Anaerobic Biotechnology for Bioenergy
Investigators develop biotechnological processes for biogas and biofuel production from organic waste, emphasizing reactor design and microbial kinetics. Links to sustainable development and green supply chains are explored.
Carbon Emission Strategies in Solar Transportation
This sub-topic uses inventive problem-solving maps and TRIZ for low-carbon solar-powered transport investments. Analysis covers financial development and innovation in energy transition projects.
Why It Matters
Renewable energy selection using fuzzy MCDM models supports investment decisions in countries like Turkey, where Murat Çolak and İhsan Kaya (2017) prioritized alternatives through an integrated fuzzy MCDM model, demonstrating practical application for national energy planning. Solar site selection in arid regions benefits from fuzzy logic and weighted linear combination methods, with Mahmood Zoghi et al. (2015) optimizing sites in Isfahan, Iran, to enhance renewable energy deployment. Green hydrogen production prospects are evaluated for high-potential countries by Владимир Панченко et al. (2022), identifying strategies to reduce carbon emissions from fossil fuels.

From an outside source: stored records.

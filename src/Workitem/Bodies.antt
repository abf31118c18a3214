-- ===== src/Workitem/Bodies.antt =====
-- internal/workitem/bodybackup.go, nextBackupName: it names the next saved body of an item. `parse_stamp`
-- and `print_stamp` are time.Parse and Time.Format for the layout of the stamps, on milliseconds since
-- Go's zero time.
pub mod Order
pub mod Stamps
pub mod Pruned
use macguffin.Prelude.{ℕ, ◌+◌, List, [], ◌∷◌, ◌++◌, Option, none, some, Bytes, codes, if◌then◌else◌}
use macguffin.Workitem.Archive.{parse_backup_name, text_below}

-- the loop of nextBackupName
unfoldable pub newest_stamp : (Bytes → Option ℕ) → Bytes → List Bytes → Bytes
unfolding parse_backup_name text_below
newest_stamp parse_stamp newest [] = newest
newest_stamp parse_stamp newest (n ∷ ns) =
    newest_stamp parse_stamp
      (elim (parse_backup_name parse_stamp n) [
        | none ↦ newest
        | some (stamp, hash) ↦ if text_below newest stamp then stamp else newest
      ])
      ns

-- the stamp of nextBackupName; a stamp that cannot be parsed is Go's zero time
unfoldable pub next_stamp : (Bytes → Option ℕ) → (ℕ → Bytes) → List Bytes → ℕ → Bytes
unfolding newest_stamp text_below
next_stamp parse_stamp print_stamp existing now =
    let newest = newest_stamp parse_stamp [] existing in
    if text_below newest (print_stamp now)
    then print_stamp now
    else elim (parse_stamp newest) [ none ↦ print_stamp 1 | some last ↦ print_stamp (last + 1) ]

-- nextBackupName
unfoldable pub next_backup_name : (Bytes → Option ℕ) → (ℕ → Bytes) → List Bytes → ℕ → Bytes → Bytes
unfolding next_stamp
next_backup_name parse_stamp print_stamp existing now hash =
    next_stamp parse_stamp print_stamp existing now ++ (codes "-" ++ (hash ++ codes ".md"))
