-- ===== src/DiamondTypes/Graph/Chain.antt =====
-- The versions of one run of the graph of tools/diamond-types/src/causalgraph/graph/mod.rs, as a chain.
use egwalker_paper.Base.{
  ℕ, ◌+◌, ◌-◌, ◌≤◌, ◌<◌, ◌≡◌, ◌↔◌, inl, inr, List, some, leb, get_elem?, arith, Bool-cases,
}
use egwalker_paper.OtBench.Graph.Ancestors.{Anc}
use egwalker_paper.DiamondTypes.Graph.{GraphEntryInternal}
use egwalker_paper.DiamondTypes.Graph.Expand.{expand}
use egwalker_paper.DiamondTypes.Graph.Runs.{Anc-trans, Has, IsDag, run_Anc, run_history}

module _ (es : List GraphEntryInternal) (hi : ℕ) (dag : IsDag es hi) where
  module _ (i : ℕ) (e : GraphEntryInternal) (g : get_elem? es i ≡ some e) where
    pub chain : (v u : ℕ) → Has e v → e.span.start ≤ u → u ≤ v → Anc (expand es) v u
    chain v u c l m =
        let z : u + (v - u) ≡ v = omega arith in
        let c' : Has e (u + (v - u)) = rw z c in rw z at (run_Anc es hi dag i e g (v - u) u c' l)

    -- Up to `u`, the versions `v` and `u` of a run have one history.
    pub chain_history :
        (v u x : ℕ)
        → Has e v
        → e.span.start ≤ u
        → u ≤ v
        → x ≤ u
        → Anc (expand es) v x ↔ Anc (expand es) u x
    chain_history v u x c l m k =
        let d : Has e u = (l, omega (arith, c.1)) in
        (
          λ y. elim (Bool-cases (leb e.span.start x)) [
            | inl t ↦ chain u x d (ground (arith, t)) k
            | inr t ↦
                let n : x < e.span.start = ground (arith, t) in
                (run_history es hi dag i e g u x d n).1 ((run_history es hi dag i e g v x c n).0 y)
          ],
          λ y. Anc-trans (chain v u c l m) y,
        )
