-- ===== src/DiamondTypes/Graph/Diff/Items.antt =====
-- One item of a run in the inner loop of `diff_slow_internal` in
-- tools/diamond-types/src/causalgraph/graph/tools.rs.
use egwalker_paper.Base.{
  ℕ, ◌+◌, ◌≤◌, ◌≡◌, refl, sym, ◌∙◌, inl, inr, Bool, true, false, ◌||◌, List, ◌∷◌, some, get_elem?,
  arith, Bool-cases, iff_trans,
}
use egwalker_paper.Base.Panic.{done}
use egwalker_paper.OtBench.Graph.{DiffFlag, shared, flag_eq, Queue}
use egwalker_paper.OtBench.Graph.Heap.{has, has-merged}
use egwalker_paper.OtBench.Graph.Scan.{Holds-le}
use egwalker_paper.DiamondTypes.Graph.{GraphEntryInternal}
use egwalker_paper.DiamondTypes.Graph.Expand.{expand}
use egwalker_paper.DiamondTypes.Graph.Runs.{Anc-trans, Has, IsDag, dag-IsCausal}
use egwalker_paper.DiamondTypes.Graph.Diff.{DiffResult, mark_result}
use egwalker_paper.DiamondTypes.Graph.Diff.Part.{IsFlagged}
use egwalker_paper.DiamondTypes.Graph.Diff.Mark.{has-shared, IsAt, mark_lem}
use egwalker_paper.DiamondTypes.Graph.Chain.{chain, chain_history}

module _ (es : List GraphEntryInternal) (hi : ℕ) (dag : IsDag es hi) (a b : List ℕ) where
  module _ (i : ℕ) (e : GraphEntryInternal) (g : get_elem? es i ≡ some e) where
    -- An item of the run with the flag at hand adds nothing.
    pub same_flag :
        (ord w : ℕ) (flag : DiffFlag) (q : Queue) (r : DiffResult)
        → Has e ord
        → e.span.start ≤ w
        → IsAt es hi dag a b ord flag ((w, flag) ∷ q) r
        → IsAt es hi dag a b ord flag q r
    same_flag ord w flag q r c l h = record {
      ranges = h.ranges;
      part = h.part;
      at_most = h.at_most.1;
      heap = h.heap.1;
      strict = elim h.strict [ inl t ↦ inl t | inr t ↦ inr t.1 ];
      future = λ s x k. iff_trans (h.future s x k) (
        elim [
          | inl y ↦ inl y
          | inr y ↦ elim y [
            | inl (t, z) ↦ inl (t, Anc-trans (chain es hi dag i e g ord w c l (h.at_most.0)) z)
            | inr z ↦ inr z
          ]
        ],
        elim [ inl y ↦ inl y | inr y ↦ inr (inr y) ],
      );
    }

    IsFlagged-above :
        (ord w : ℕ) (flag g' : DiffFlag) (q : Queue) (r : DiffResult)
        → Has e ord
        → e.span.start ≤ w
        → IsAt es hi dag a b ord flag ((w, g') ∷ q) r
        → IsFlagged (expand es) (dag-IsCausal es hi dag) a b (w + 1) (ord + 1) (ord + 1) flag
    IsFlagged-above ord w flag g' q r c l h s x m n = iff_trans (h.future s x (omega arith)) (
      elim [
        | inl (t, z) ↦ (n, t)
        | inr y ↦ absurd (
            omega (
              arith,
              Holds-le (expand es) (dag-IsCausal es hi dag) a b s w ((w, g') ∷ q) x
                  (omega arith, h.heap.0) y,
            ))
      ],
      λ (y, t). inl (t, chain es hi dag i e g ord x c (omega arith) (omega arith)),
    )

    -- An item of the run with another flag: below it the version is shared.
    pub other_flag :
        (ord w : ℕ) (flag g' : DiffFlag) (q : Queue) (r : DiffResult)
        → Has e ord
        → e.span.start ≤ w
        → flag_eq g' flag ≡ false
        → IsAt es hi dag a b ord flag ((w, g') ∷ q) r
        → (r' : DiffResult) × (mark_result (w + 1) ord flag r ≡ done r')
          × IsAt es hi dag a b w shared q r'
    other_flag ord w flag g' q r c l d h =
        let (r', eq, v, p) =
          mark_lem es hi dag a b (w + 1) ord flag r h.ranges h.part
            (elim h.strict [ inl t ↦ inl t | inr t ↦ inr (omega (arith, t.0)) ])
            (omega (arith, h.at_most.0)) (IsFlagged-above ord w flag g' q r c l h) in
        let both : (s : Bool) → (has s flag || has s g') ≡ true =
          λ s. sym (has-merged (expand es) s flag g') ∙ rw d (has-shared s) in
        (
          r',
          eq,
          record {
            ranges = v;
            part = p;
            at_most = h.heap.0;
            heap = h.heap.1;
            strict = inl refl;
            future = λ s x k.
                let same = chain_history es hi dag i e g ord w x c l (h.at_most.0) k in
                iff_trans (h.future s x (omega (arith, h.at_most.0))) (
                  elim [
                    | inl (t, z) ↦ inl (has-shared s, same.0 z)
                    | inr y ↦ elim y [ inl (t, z) ↦ inl (has-shared s, z) | inr z ↦ inr z ]
                  ],
                  elim [
                    | inl (t, z) ↦ elim (Bool-cases (has s flag)) [
                      | inl y ↦ inl (y, same.1 z)
                      | inr y ↦ inr (inl (ground (arith, both s, y), z))
                    ]
                    | inr z ↦ inr (inr z)
                  ],
                );
          },
        )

Bioenergy supply forecasting uses QROF-DEMATEL and random forest models, as Miraj Ahmed Bhuiyan et al. (2021) linked economic indicators to supply in developed economies, aiding sustainable investment efficiency.
Reading Guide
Where to Start
"Prioritization of renewable energy alternatives by using an integrated fuzzy MCDM model: A real case application for Turkey" by Murat Çolak and İhsan Kaya (2017) because it provides a practical, real-world application of fuzzy MCDM accessible for understanding core prioritization methods.
Key Papers Explained
Murat Çolak and İhsan Kaya (2017) established fuzzy MCDM for renewable prioritization in Turkey, which Gang Kou et al. (2022) extended to inventive problem-solving for carbon emission strategies in solar transportation investments. Mahmood Zoghi et al. (2015) complemented this with fuzzy logic for solar site selection in Iran, while Pratibha Rani et al. (2020) advanced fuzzy TOPSIS for energy source selection, building on multi-criteria foundations from Abdolreza Yazdani–Chamzini et al. (2013). Miraj Ahmed Bhuiyan et al. (2021) linked these to economic forecasting for bioenergy supply.
Paper Timeline
Most-cited paper highlighted in red. Papers ordered chronologically.
Advanced Directions
Current research emphasizes hybrid modeling for financial development and innovation in green supply chains, extending fuzzy MCDM from top papers like Çolak and Kaya (2017). Frontiers involve integrating global indicators with QROF-DEMATEL as in Bhuiyan et al. (2021) for bioenergy. No recent preprints available, so focus remains on optimizing MCDM for transportation emissions per Kou et al. (2022).
Papers at a Glance
Latest Developments
Recent developments in energy and environmental sustainability research as of February 2026 include a focus on reducing fossil fuel demand, with global demand expected to grow less than 1% in 2026 (S&P Global). Significant progress is also being made in renewable energy deployment, with solar and wind energy expanding at an unprecedented pace worldwide, and renewable energy surpassing coal as the leading source of electricity in 2025 (Yale School of the Environment). Additionally, major conferences like ICEER 2026 and ISEC 2026 are focusing on innovative solutions for energy and environmental challenges (ICEER, ISEC). Advances in technologies such as corrosion-free flow batteries and sustainable electrolytes are also being actively researched (Nature Energy, Nature Reviews).
Sources
Frequently Asked Questions
What methods are used for renewable energy prioritization?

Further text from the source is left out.